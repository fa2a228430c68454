-- ===== src/Strings/Valid.antt =====
-- The invariant of the pool, and the operations on entries and on the cache.
use eel.Prelude.{ℕ, ◌+◌, ◌-◌, inl, inr, List, [], ◌∷◌, ltb, ◌==◌, Bool-cases}
use eel.Strings.{
  Pstring, Pool, ps_unlink, without, set_refcount, count_refs, ps_resurrect, ps_cache, disown,
}
use eel.Strings.Find.{Fresh, Bucket}

-- Each entry is in the bucket of its hash code, each text is there once, and no text has a byte 0.
abbrev pub IsValid : Pool → Type 0
IsValid pool = (b : ℕ) → Bucket b (pool.strings b)

Fresh-without : (o : ℕ) (s : List ℕ) (l : List Pstring) → Fresh s l → Fresh s (without o l)
Fresh-without o s [] h = tt
Fresh-without o s (ps ∷ rest) (h, hs) = elim (Bool-cases (ps.object == o)) [
  | inl e ↦ rw e (Fresh-without o s rest hs)
  | inr e ↦ rw e (h, Fresh-without o s rest hs)
]

Bucket-without : (o b : ℕ) (l : List Pstring) → Bucket b l → Bucket b (without o l)
Bucket-without o b [] h = tt
Bucket-without o b (ps ∷ rest) (hh, hb, nn, fresh, good) = elim (Bool-cases (ps.object == o)) [
  | inl e ↦ simp e (Bucket-without o b rest good)
  | inr e ↦ simp e (hh, hb, nn, Fresh-without o ps.buffer rest fresh, Bucket-without o b rest good)
]

Fresh-set_refcount :
    (o n : ℕ) (s : List ℕ) (l : List Pstring) → Fresh s l → Fresh s (set_refcount o n l)
Fresh-set_refcount o n s [] h = tt
Fresh-set_refcount o n s (ps ∷ rest) (h, hs) = elim (Bool-cases (ps.object == o)) [
  | inl e ↦ simp e (h, Fresh-set_refcount o n s rest hs)
  | inr e ↦ simp e (h, Fresh-set_refcount o n s rest hs)
]

Bucket-set_refcount : (o n b : ℕ) (l : List Pstring) → Bucket b l → Bucket b (set_refcount o n l)
Bucket-set_refcount o n b [] h = tt
Bucket-set_refcount o n b (ps ∷ rest) (hh, hb, nn, fresh, good) =
    let fresh' = Fresh-set_refcount o n ps.buffer rest fresh in
    let good' = Bucket-set_refcount o n b rest good in
    elim (Bool-cases (ps.object == o)) [
      | inl e ↦ simp e (hh, hb, nn, fresh', good')
      | inr e ↦ simp e (hh, hb, nn, fresh', good')
    ]

ps_unlink-IsValid : (pool : Pool) (o : ℕ) → IsValid pool → IsValid (ps_unlink pool o)
unfolding ps_unlink
ps_unlink-IsValid pool o h b = Bucket-without o b (pool.strings b) (h b)

count_refs-IsValid : (pool : Pool) (o n : ℕ) → IsValid pool → IsValid (count_refs pool o n)
unfolding count_refs
count_refs-IsValid pool o n h b = Bucket-set_refcount o n b (pool.strings b) (h b)

pub ps_cache-IsValid : (pool : Pool) (o : ℕ) → IsValid pool → IsValid (ps_cache pool o)
unfolding ps_cache
ps_cache-IsValid pool o h = elim (Bool-cases (ltb pool.scache_max pool.scache_size)) [
  | inl full ↦ rw (ps_cache, full) (ps_unlink-IsValid (record pool { scache = _ }) _ h)
  | inr room ↦ rw (ps_cache, room) h
]

pub ps_resurrect-IsValid :
    (pool : Pool) (ps : Pstring) → IsValid pool → IsValid (ps_resurrect pool ps)
unfolding ps_resurrect
ps_resurrect-IsValid pool ps h = elim (Bool-cases (ps.refcount == 0)) [
  | inl dead ↦
      rw (ps_resurrect, dead)
        (count_refs-IsValid (record pool { scache = _; scache_size = _ }) ps.object
          (ps.refcount + 1) h)
  | inr alive ↦ rw (ps_resurrect, alive) (count_refs-IsValid pool ps.object (ps.refcount + 1) h)
]

pub disown-IsValid : (pool : Pool) (ps : Pstring) → IsValid pool → IsValid (disown pool ps)
unfolding disown
disown-IsValid pool ps h =
    let counted = count_refs-IsValid pool ps.object (ps.refcount - 1) h in
    elim (Bool-cases (ps.refcount - 1 == 0)) [
      | inl dead ↦ rw (disown, dead) (ps_cache-IsValid _ ps.object counted)
      | inr alive ↦ rw (disown, alive) counted
    ]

• • • • •

__What you have to do__
If a line falls between the first line of the entries and the line containing "(Bucket-without o b rest good)", or is one of those two, restate it word for word; leave all other lines out.

__Result of the task__
repository fa2a228430c68454
-- ===== src/Strings/Valid.antt =====
-- The invariant of the pool, and the operations on entries and on the cache.
use eel.Prelude.{ℕ, ◌+◌, ◌-◌, inl, inr, List, [], ◌∷◌, ltb, ◌==◌, Bool-cases}
use eel.Strings.{
  Pstring, Pool, ps_unlink, without, set_refcount, count_refs, ps_resurrect, ps_cache, disown,
}
use eel.Strings.Find.{Fresh, Bucket}

-- Each entry is in the bucket of its hash code, each text is there once, and no text has a byte 0.
abbrev pub IsValid : Pool → Type 0
IsValid pool = (b : ℕ) → Bucket b (pool.strings b)

Fresh-without : (o : ℕ) (s : List ℕ) (l : List Pstring) → Fresh s l → Fresh s (without o l)
Fresh-without o s [] h = tt
Fresh-without o s (ps ∷ rest) (h, hs) = elim (Bool-cases (ps.object == o)) [
  | inl e ↦ rw e (Fresh-without o s rest hs)
  | inr e ↦ rw e (h, Fresh-without o s rest hs)
]

Bucket-without : (o b : ℕ) (l : List Pstring) → Bucket b l → Bucket b (without o l)
Bucket-without o b [] h = tt
Bucket-without o b (ps ∷ rest) (hh, hb, nn, fresh, good) = elim (Bool-cases (ps.object == o)) [
  | inl e ↦ simp e (Bucket-without o b rest good)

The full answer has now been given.